The dollar-buying frenzy
likely prompted authorities to announce a string of steps, including the controversial decision to cap the amount of dollars Indian individuals can carry overseas to $75,000 a year from the earlier $200,000, sources told HT.
They said there was evidence that between mid-June and early-August, several individuals — mostly traders who import goods to sell in India — bought several thousands of dollars on a single day and sold them weeks later to take advantage of the sharply falling rupee.
In a typical transaction, a trader would have bought dollars at R60 to a dollar and remitted these back home to sell a few weeks later at Rs. 63. Such a round-tripping of $10,000 would have made him richer by Rs. 30,000.
This was legitimate, but also a roundabout way of currency-hoarding that allowed speculators to make a neat gain by merely holding on to the dollars for a few days.
It was also one of the main reasons why the RBI asked banks not to carry out any trading in currency futures markets. Any such trade could only be on the behalf of clients.
“The intensification of exchange market volatility has prompted the Reserve Bank to undertake unconventional measures to restore stability in the currency market, so that macro-financial conditions remain supportive of sustainable growth,” the RBI said in its annual report released on August 22, barely a week after it slapped the controls.
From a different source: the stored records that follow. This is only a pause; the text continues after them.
-- ===== src/Leveldb/FilterBlock/Groups.antt =====
-- `FilterBlockBuilder` of leveldb/table/filter_block.cc as a list of groups of keys, of which each has its
-- filter, and the keys that have none yet.
use wormholefilters.Base.{
  ℕ, zero, suc, ◌≡◌, ◌⊎◌, inl, inr, true, some, List, [], ◌∷◌, ◌++◌, map, All, refl, ap, ap₂, ◌∙◌,
  u32, length,
}
use wormholefilters.Leveldb.FilterBlock.Builder.{joined, starts, joined_more, starts_more}
use wormholefilters.Leveldb.FilterBlock.{FilterPolicy, FilterBlockBuilder, add_key}

-- A key is one of a group.
abbrev pub Has : List ℕ → List (List ℕ) → Type 0
Has k [] = ⊥
Has k (x ∷ xs) = (k ≡ x) ⊎ Has k xs

-- A key is in a group, the last of which has no filter yet.
abbrev pub At : List (List (List ℕ)) → List (List ℕ) → ℕ → List ℕ → Type 0
At [] pending zero k = Has k pending
At [] pending (suc i) k = ⊥
At (g ∷ groups) pending zero k = Has k g
At (g ∷ groups) pending (suc i) k = At groups pending i k

Has-append_left : (k : List ℕ) (xs ys : List (List ℕ)) → Has k xs → Has k (xs ++ ys)
Has-append_left k (x ∷ xs) ys (inl e) = inl e
Has-append_left k (x ∷ xs) ys (inr h) = inr (Has-append_left k xs ys h)
Has-append_left k [] ys h = absurd h

Has-append_right : (k : List ℕ) (xs ys : List (List ℕ)) → Has k ys → Has k (xs ++ ys)
Has-append_right k [] ys h = h
Has-append_right k (x ∷ xs) ys h = inr (Has-append_right k xs ys h)

-- The pending keys get their filter.
pub At-generated :
    (groups : List (List (List ℕ))) (pending : List (List ℕ)) (i : ℕ) (k : List ℕ)
    → At groups pending i k
    → At (groups ++ (pending ∷ [])) [] i k
At-generated [] pending zero k h = h
At-generated [] pending (suc i) k h = absurd h
At-generated (g ∷ groups) pending zero k h = h
At-generated (g ∷ groups) pending (suc i) k h = At-generated groups pending i k h

pub At-append :
    (groups : List (List (List ℕ))) (pending keys : List (List ℕ)) (i : ℕ) (k : List ℕ)
    → At groups pending i k
    → At groups (pending ++ keys) i k
At-append [] pending keys zero k h = Has-append_left k pending keys h
At-append [] pending keys (suc i) k h = absurd h
At-append (g ∷ groups) pending keys zero k h = h
At-append (g ∷ groups) pending keys (suc i) k h = At-append groups pending keys i k h

pub At-pending :
    (groups : List (List (List ℕ))) (pending keys : List (List ℕ)) (k : List ℕ)
    → Has k keys
    → At groups (pending ++ keys) (length groups) k
At-pending [] pending keys k h = Has-append_right k pending keys h
At-pending (g ∷ groups) pending keys k h = At-pending groups pending keys k h

module _ (policy : FilterPolicy) where
  -- Each filter matches the keys of its group.
  abbrev pub Matched : List (List (List ℕ)) → List (List ℕ) → Type 0
  Matched [] [] = Unit
  Matched [] (f ∷ filters) = ⊥
  Matched (g ∷ groups) [] = ⊥
  Matched (g ∷ groups) (f ∷ filters) =
      All (λ (k : List ℕ). policy.key_may_match k f ≡ some true) g × Matched groups filters

  pub length-Matched :
      (groups : List (List (List ℕ))) (filters : List (List ℕ))
      → Matched groups filters
      → length filters ≡ length groups
  length-Matched [] [] m = refl
  length-Matched [] (f ∷ filters) m = absurd m
  length-Matched (g ∷ groups) [] m = absurd m
  length-Matched (g ∷ groups) (f ∷ filters) (p, m) = ap suc (length-Matched groups filters m)

  pub Matched-append :
      (groups : List (List (List ℕ))) (filters : List (List ℕ)) (g : List (List ℕ)) (f : List ℕ)
      → Matched groups filters
      → All (λ (k : List ℕ). policy.key_may_match k f ≡ some true) g
      → Matched (groups ++ (g ∷ [])) (filters ++ (f ∷ []))
  Matched-append [] [] g f m p = (p, tt)
  Matched-append [] (f' ∷ filters) g f m p = absurd m
  Matched-append (g' ∷ groups) [] g f m p = absurd m
  Matched-append (g' ∷ groups) (f' ∷ filters) g f (q, m) p =
      (q, Matched-append groups filters g f m p)

  -- The builder stands for groups that have their filters and for keys that have none yet.
  pub record Builds (b : FilterBlockBuilder) (groups : List (List (List ℕ)))
      (pending : List (List ℕ)) : Type 0 where
    pub filters : List (List ℕ)
    pub matched : Matched groups filters
    pub result : b.result ≡ joined filters
    pub offsets : b.filter_offsets ≡ map u32 (starts 0 filters)
    pub keys : b.keys ≡ joined pending
    pub start : b.start ≡ starts 0 pending

  pub add_key-Builds :
      (b : FilterBlockBuilder) (groups : List (List (List ℕ))) (pending : List (List ℕ))
      (key : List ℕ)
      → Builds b groups pending
      → Builds (add_key b key) groups (pending ++ (key ∷ []))
  unfolding add_key
  add_key-Builds b groups pending key s = record {
    filters = s.filters;
    matched = s.matched;
    result = s.result;
    offsets = s.offsets;
    keys = ap (λ (l : List ℕ). l ++ key) s.keys ∙ joined_more pending key;
    start = ap₂ ◌++◌ s.start (ap (λ (l : List ℕ). length l ∷ []) s.keys) ∙ starts_more pending key;
  }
“The RBI remains vigilant and is committed to orderly development of different segments of the foreign exchange market in India,” it added.
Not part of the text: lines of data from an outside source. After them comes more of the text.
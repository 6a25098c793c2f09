-- ===== src/Leveldb/FilterBlock/Reader.antt =====
-- `FilterBlockReader` on any block.
use wormholefilters.Base.{
  ℕ, ◌+◌, ◌-◌, ◌*◌, ◌/◌, ◌≤◌, ◌<◌, ◌≡◌, ◌⊎◌, inl, inr, Bool, true, false, ◌&&◌, some, List, refl,
  arith, ltb, leb, ltb→lt, ltb→le, le→ltb, lt→leb, lt→ltb, leb→le, Bool-cases, length, byte_at,
  ◌>>>◌, ◌==◌, take, drop,
}
use wormholefilters.Leveldb.Coding.{decode_fixed32}
use wormholefilters.Leveldb.FilterBlock.{
  FilterPolicy, FilterBlockReader, new_reader, load_fixed32, load_slice, key_may_match, null_reader,
  load_byte_back, load_fixed32_back, match_filter,
}
use wormholefilters.Leveldb.Hash.{sign_extend}

-- The offsets that are counted, and the one after them, lie in the block.
record IsInBlock (r : FilterBlockReader) : Type 0 where
  shift : r.base_lg < 64
  inside : (r.num ≡ 0) ⊎ (r.offset + 4 * r.num + 4 ≤ length r.data_)

pub load_fixed32_in :
    (bytes : List ℕ) (i : ℕ)
    → i + 4 ≤ length bytes
    → load_fixed32 bytes i ≡ some (decode_fixed32 bytes i)
unfolding load_fixed32
load_fixed32_in bytes i h = rw (le→ltb (length bytes) (i + 4) h)

pub load_fixed32_back_in :
    (bytes : List ℕ) (k : ℕ)
    → 4 ≤ k
    → k ≤ length bytes
    → load_fixed32_back bytes k ≡ some (decode_fixed32 bytes (length bytes - k))
unfolding load_fixed32_back
load_fixed32_back_in bytes k f h =
    rw (le→ltb (length bytes) k (omega (arith, f, h)))
      (load_fixed32_in bytes (length bytes - k) (omega (arith, f, h)))

pub load_byte_back_in :
    (bytes : List ℕ) (k : ℕ)
    → k ≤ length bytes
    → load_byte_back bytes k ≡ some (byte_at bytes (length bytes - k))
unfolding load_byte_back
load_byte_back_in bytes k h = rw (le→ltb (length bytes) k h)

new_reader-IsInBlock :
    (contents : List ℕ)
    → (5 ≤ length contents → byte_at contents (length contents - 1) < 64)
    → (r : FilterBlockReader) × (new_reader contents ≡ some r) × IsInBlock r
unfolding new_reader sign_extend
new_reader-IsInBlock contents small =
    let n = length contents in
    let last_word = decode_fixed32 contents (n - 5) in
    elim (Bool-cases (ltb n 5)) [
      | inl short ↦
          (null_reader 0, rw (short, new_reader), record { shift = omega arith; inside = inl refl })
      | inr long ↦
          let few = small (ltb→le n 5 long) in
          let char : ltb (byte_at contents (n - 1)) 128 ≡ true =
            lt→ltb (byte_at contents (n - 1)) 128 (omega (arith, few)) in
          elim (Bool-cases (ltb (n - 5) last_word)) [
            | inl bad ↦ (
              null_reader (byte_at contents (n - 1)),
              rw (
                long,
                load_byte_back_in contents 1 (omega (arith, ltb→le n 5 long)),
                load_fixed32_back_in contents 5 (omega arith) (ltb→le n 5 long),
                char,
                bad,
                new_reader,
              ),
              record { shift = few; inside = inl refl },
            )
            | inr good ↦ (
              record {
                data_ = contents;
                offset = last_word;
                num = (n - 5 - last_word) / 4;
                base_lg = byte_at contents (n - 1);
              },
              rw (
                long,
                load_byte_back_in contents 1 (omega (arith, ltb→le n 5 long)),
                load_fixed32_back_in contents 5 (omega arith) (ltb→le n 5 long),
                char,
                good,
                new_reader,
              ),
              record {
                shift = few;
                inside = inr (omega (arith, ltb→le n 5 long, ltb→le (n - 5) last_word good));
              },
            )
          ]
    ]

pub load_slice_in :
    (bytes : List ℕ) (start limit : ℕ)
    → limit ≤ length bytes
    → load_slice bytes start limit ≡ some (take (limit - start) (drop start bytes))
unfolding load_slice
load_slice_in bytes start limit h = rw (le→ltb (length bytes) limit h)

and_right : (a : Bool) (m n : ℕ) → (a && leb m n) ≡ true → m ≤ n
and_right true m n h = leb→le m n h
and_right false m n h = absurd (cc)

-- What is done with the two offsets, wherever they point.
module _ (policy : FilterPolicy)
    (answers : (key filter : List ℕ)
      → (a : Bool) × (policy.key_may_match key filter ≡ some a)) where
  match_filter_lem :
      (bytes : List ℕ) (end start limit : ℕ) (key : List ℕ)
      → end ≤ length bytes
      → (a : Bool) × (match_filter policy bytes end start limit key ≡ some a)
  unfolding match_filter
  match_filter_lem bytes end start limit key h =
      elim (Bool-cases (leb start limit && leb limit end)) [
        | inl ok ↦
            rw (ok, match_filter)
              (rw (load_slice_in bytes start limit (limit_in ok))
                (answers key (take (limit - start) (drop start bytes))))
        | inr bad ↦
            rw (bad, match_filter)
              (elim (Bool-cases (start == limit)) [
                | inl e ↦ rw e (false, refl)
                | inr ne ↦ rw ne (true, refl)
              ])
      ]
    where
      limit_in : (leb start limit && leb limit end) ≡ true → limit ≤ length bytes
      limit_in ok = omega (arith, h, and_right (leb start limit) limit end ok)

  key_may_match_in :
      (r : FilterBlockReader) (block_offset : ℕ) (key : List ℕ)
      → IsInBlock r
      → (a : Bool) × (key_may_match policy r block_offset key ≡ some a)
  unfolding key_may_match
  key_may_match_in r block_offset key v =
      let index = block_offset >>> r.base_lg in
      let i = r.offset + index * 4 in
      rw (lt→leb r.base_lg 64 v.shift) (elim (Bool-cases (ltb index r.num)) [
        | inr past ↦ rw past (true, refl)
        | inl within ↦
            let lt = ltb→lt index r.num within in
            let room : i + 4 + 4 ≤ length r.data_ = elim v.inside [
              | inl none_there ↦ absurd (omega (arith, lt, none_there))
              | inr in_data ↦ omega (arith, lt, in_data)
            ] in
            rw
              (
                within,
                load_fixed32_in r.data_ i (omega (arith, room)),
                load_fixed32_in r.data_ (i + 4) room,
              )
              (match_filter_lem r.data_ r.offset (decode_fixed32 r.data_ i)
                (decode_fixed32 r.data_ (i + 4)) key (omega (arith, room)))
      ])

-- On any block whose last byte is below 64, and on one that is shorter than five bytes anyway, and with a
-- policy that answers for any filter, the constructor of `FilterBlockReader` and `KeyMayMatch` end with an
-- answer, and no byte, no offset and no filter that they read lies outside the block.
pub key_may_match-new_reader :
    (policy : FilterPolicy) (contents : List ℕ) (block_offset : ℕ) (key : List ℕ)
    → ((k filter : List ℕ) → (a : Bool) × (policy.key_may_match k filter ≡ some a))
    → (5 ≤ length contents → byte_at contents (length contents - 1) < 64)
    → (r : FilterBlockReader) × (new_reader contents ≡ some r)
      × ((a : Bool) × (key_may_match policy r block_offset key ≡ some a))
key_may_match-new_reader policy contents block_offset key answers small =
    let (r, made, inside) = new_reader-IsInBlock contents small in
    (r, made, key_may_match_in policy answers r block_offset key inside)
On Tuesday, the central bank cracked down on offshore forex trading by Indians through online trading websites, asking banks to report any such remittances to the regulator.
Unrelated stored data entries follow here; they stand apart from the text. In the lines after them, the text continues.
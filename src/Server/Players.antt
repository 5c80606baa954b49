-- ===== src/Server/Players.antt =====
-- Players that come and go: `playerIntro`, `grandExitCallback` and the other callbacks.
use kierki.Prelude.{
  ℕ, suc, ◌-◌, Bool, true, false, not, ◌&&◌, ◌||◌, List, [], ◌∷◌, Option, none, some, ltb, ◌==◌,
  if◌then◌else◌, ◌>>=◌, lookup, insert, erase,
}
use kierki.Types.{
  IoErrClass, io_err_internal, Side, side_n, side_e, side_s, side_w, side_null, side_eq, hand_at,
  TableState, update,
}
use kierki.SendJob.{SendJob, busy, deal, trick}
use kierki.IoWorkerMgr
use kierki.IoWorkerMgr.{
  WorkerStatus, serving_unknown, serving_active, serving_proxy, cleanup, cleanup_unknown, shutdown,
  status_code,
}
use kierki.Server.{Server, with_mgr, send_to_side, finalize}
use kierki.Server.Round.{ask_next, deal_all}

-- `map.empty()` of a map whose keys are sides.
abbrev pub no_entry : TableState → List Side → Bool
no_entry m [] = true
no_entry m (s ∷ rest) = elim (m s) [ none ↦ no_entry m rest | some h ↦ false ]

abbrev pub deal_is_empty : TableState → Bool
deal_is_empty m = no_entry m (side_n ∷ side_e ∷ side_s ∷ side_w ∷ side_null ∷ [])

-- The messages of the round so far, to one worker.
unfoldable pub send_taken : List SendJob → ℕ → Server → Option Server
send_taken [] worker_ix st = some st
send_taken (msg ∷ rest) worker_ix st = do
  st' ← with_mgr (IoWorkerMgr.send_job msg worker_ix) st
  send_taken rest worker_ix st'

-- The game starts with the fourth player.
unfoldable pub start_game : Server → Option Server
unfolding ask_next deal_all
start_game st = do st1 ← deal_all (record st { last_deal = st.hands }); ask_next st1

unfoldable pub signal_roles : Server → Server
signal_roles st = record st {
  worker_mgr = IoWorkerMgr.signal_role serving_unknown (
      IoWorkerMgr.signal_role cleanup_unknown
        (IoWorkerMgr.signal_role serving_active st.worker_mgr));
}

-- A player joins a game that runs.
unfoldable pub rejoin_game : Side → ℕ → Server → Option Server
unfolding send_taken signal_roles ask_next
rejoin_game side worker_ix st = do
  st1 ← send_to_side (deal st.round_mode st.next_move (hand_at st.last_deal side)) side st
  st2 ← send_taken st1.taken_in_round worker_ix st1
  if st2.players_connected == 4 then ask_next (signal_roles st2) else some st2

-- The seat is free.
unfoldable pub seat_player : Side → ℕ → Server → Option Server
unfolding start_game rejoin_game
seat_player side worker_ix st = do
  st1 ← with_mgr (IoWorkerMgr.set_role worker_ix serving_active) (record st {
    active_sides = update st.active_sides side (some worker_ix);
    worker_to_side = insert worker_ix side st.worker_to_side;
  })
  let st2 = record st1 { players_connected = suc st1.players_connected }
  if st2.players_connected == 4 && deal_is_empty st2.last_deal
      then start_game st2
      else if not (deal_is_empty st2.last_deal)
      then rejoin_game side worker_ix st2
      else some st2

-- The sides of `activeSides` with a worker, in the order of iteration.
abbrev pub busy_sides : List Side → (Side → Option ℕ) → List Side
busy_sides [] active = []
busy_sides (s ∷ rest) active = elim (active s) [
  | none ↦ busy_sides rest active
  | some ix ↦ s ∷ busy_sides rest active
]

-- The worker has introduced itself before.
unfoldable pub intro_again : ℕ → Server → Option (Server × Bool)
intro_again worker_ix st = if ltb st.players_connected 4 then some (st, false) else (do
  st1 ← with_mgr (IoWorkerMgr.send_kill worker_ix) st
  st2 ← with_mgr (IoWorkerMgr.set_role worker_ix cleanup) st1
  some (st2, true))

module _ (order : List Side) where
  unfoldable pub refuse_player : ℕ → Server → Option Server
  refuse_player worker_ix st = do
    st1 ← with_mgr (IoWorkerMgr.set_role worker_ix cleanup_unknown) st
    with_mgr (IoWorkerMgr.send_job (busy (busy_sides order st1.active_sides)) worker_ix) st1

  unfoldable pub intro_first : Option ℕ → Side → ℕ → Server → Option Server
  unfolding seat_player refuse_player
  intro_first none side worker_ix st = seat_player side worker_ix st
  intro_first (some ix) side worker_ix st = refuse_player worker_ix st

  -- `playerIntro`.
  unfoldable pub player_intro : Side → ℕ → Server → Option (Server × Bool)
  unfolding intro_again intro_first
  player_intro side worker_ix st = do
    role ← IoWorkerMgr.get_role worker_ix st.worker_mgr
    if not (status_code role == status_code serving_unknown)
        then intro_again worker_ix st
        else (do st' ← intro_first (st.active_sides side) side worker_ix st; some (st', true))

-- `forwardConnection`; the new worker's index is a second result.
unfoldable pub forward_connection : Server → Server × ℕ
forward_connection st =
    let (m, ix) = IoWorkerMgr.spawn_new_worker serving_unknown st.worker_mgr in
    (record st { worker_mgr = m }, ix)

-- `handleSysErr` with the mutex held, behind its log line.
unfoldable pub handle_sys_err : IoErrClass → Server → Option (Server × Bool)
handle_sys_err io_err_internal st = do
  st' ← finalize (record st { exit_code = 1 })
  some (st', true)
handle_sys_err _ st = some (st, false)

-- The loop over the errors of a worker.
unfoldable pub handle_errs : List IoErrClass → Server → Option (Server × Bool)
unfolding handle_sys_err
handle_errs [] st = some (st, false)
handle_errs (err ∷ rest) st = do
  (st', stop) ← handle_sys_err err st
  let more = handle_errs rest st'
  if stop then some (st', true) else more

-- `eraseWorker` and `setRole(workerIx, SHUTDOWN)`.
unfoldable pub shut : ℕ → Server → Option (Server × Bool)
shut worker_ix st = do
  st' ←
      with_mgr (λ m. IoWorkerMgr.set_role worker_ix shutdown (IoWorkerMgr.erase_worker worker_ix m))
        st
  some (st', true)

-- A worker of a player leaves: its seat is free.
unfoldable pub leave_seat : ℕ → Side → Bool → Server → Option (Server × Bool)
unfolding shut
leave_seat worker_ix s has_work st =
    let st1 = record st {
      players_connected = st.players_connected - 1;
      active_sides = update st.active_sides s none;
      zombie_worker_to_side = insert worker_ix s st.zombie_worker_to_side;
      worker_to_side = erase worker_ix st.worker_to_side;
    } in
    if has_work || (ltb st1.players_connected 3 && not st1.exiting)
    then (do st2 ← with_mgr (IoWorkerMgr.set_role worker_ix cleanup) st1; some (st2, false))
    else shut worker_ix st1

unfoldable pub exit_as : WorkerStatus → ℕ → Bool → Server → Option (Server × Bool)
unfolding leave_seat shut
exit_as serving_unknown worker_ix has_work st = shut worker_ix st
exit_as serving_active worker_ix has_work st = do
  s ← lookup worker_ix st.worker_to_side
  leave_seat worker_ix s has_work st
exit_as cleanup worker_ix has_work st =
    if st.players_connected == 4 && not has_work then shut worker_ix st else some (st, false)
exit_as shutdown worker_ix has_work st = some (st, true)
exit_as serving_proxy worker_ix has_work st = do
  (st1, done) ← shut worker_ix st
  st2 ← finalize st1
  some (st2, true)
exit_as cleanup_unknown worker_ix has_work st =
    if st.players_connected == 4 && not has_work then shut worker_ix st else some (st, false)

-- `grandExitCallback`.
unfoldable pub grand_exit_callback : List IoErrClass → ℕ → Bool → Server → Option (Server × Bool)
unfolding handle_errs exit_as
grand_exit_callback err_arr worker_ix has_work st = do
  (st1, stop) ← handle_errs err_arr st
  if stop then some (st1, true) else (do
    role ← IoWorkerMgr.get_role worker_ix st1.worker_mgr
    exit_as role worker_ix has_work st1)

-- `execMutexed`: whether the callable is run, which here is a step on the state.
unfoldable pub exec_mutexed : (Server → Server) → Server → Server × Bool
exec_mutexed invokable st =
    if ltb st.players_connected 4 && not st.exiting then (st, false) else (invokable st, true)

-- `handleTimeout`.
unfoldable pub handle_timeout : ℕ → Server → Option Server
unfolding ask_next
handle_timeout worker_ix st = if st.exiting then some st else (do
  role ← IoWorkerMgr.get_role worker_ix st.worker_mgr
  if status_code role == status_code serving_unknown
      then with_mgr (IoWorkerMgr.send_kill worker_ix) st
      else if status_code role == status_code serving_active
      then (do
        side ← lookup worker_ix st.worker_to_side
        if not (side_eq st.next_move side)
            then some st
            else if ltb st.players_connected 4
            then some st
            else with_mgr (IoWorkerMgr.send_job (trick st.table st.trick_no) worker_ix) st)
      else some st)

-- `handleWrongMessage`.
unfoldable pub handle_wrong_message : ℕ → Server → Option (Server × Bool)
handle_wrong_message ix st =
    if ltb st.players_connected 4 && not st.exiting
    then some (st, false)
    else (do st' ← with_mgr (IoWorkerMgr.send_kill ix) st; some (st', true))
The RBI has more than halved the amount of dollars an individual can carry overseas in a given year and capped Indian companies’ overseas investment limits to a quarter of what it is currently — a move that will likely hurt corporate India’s global expansion plans.
It has also barred individuals from buying property abroad using foreign exchange bought at home as part of a broad strategy to arrest dollar outflow and prop the rupee.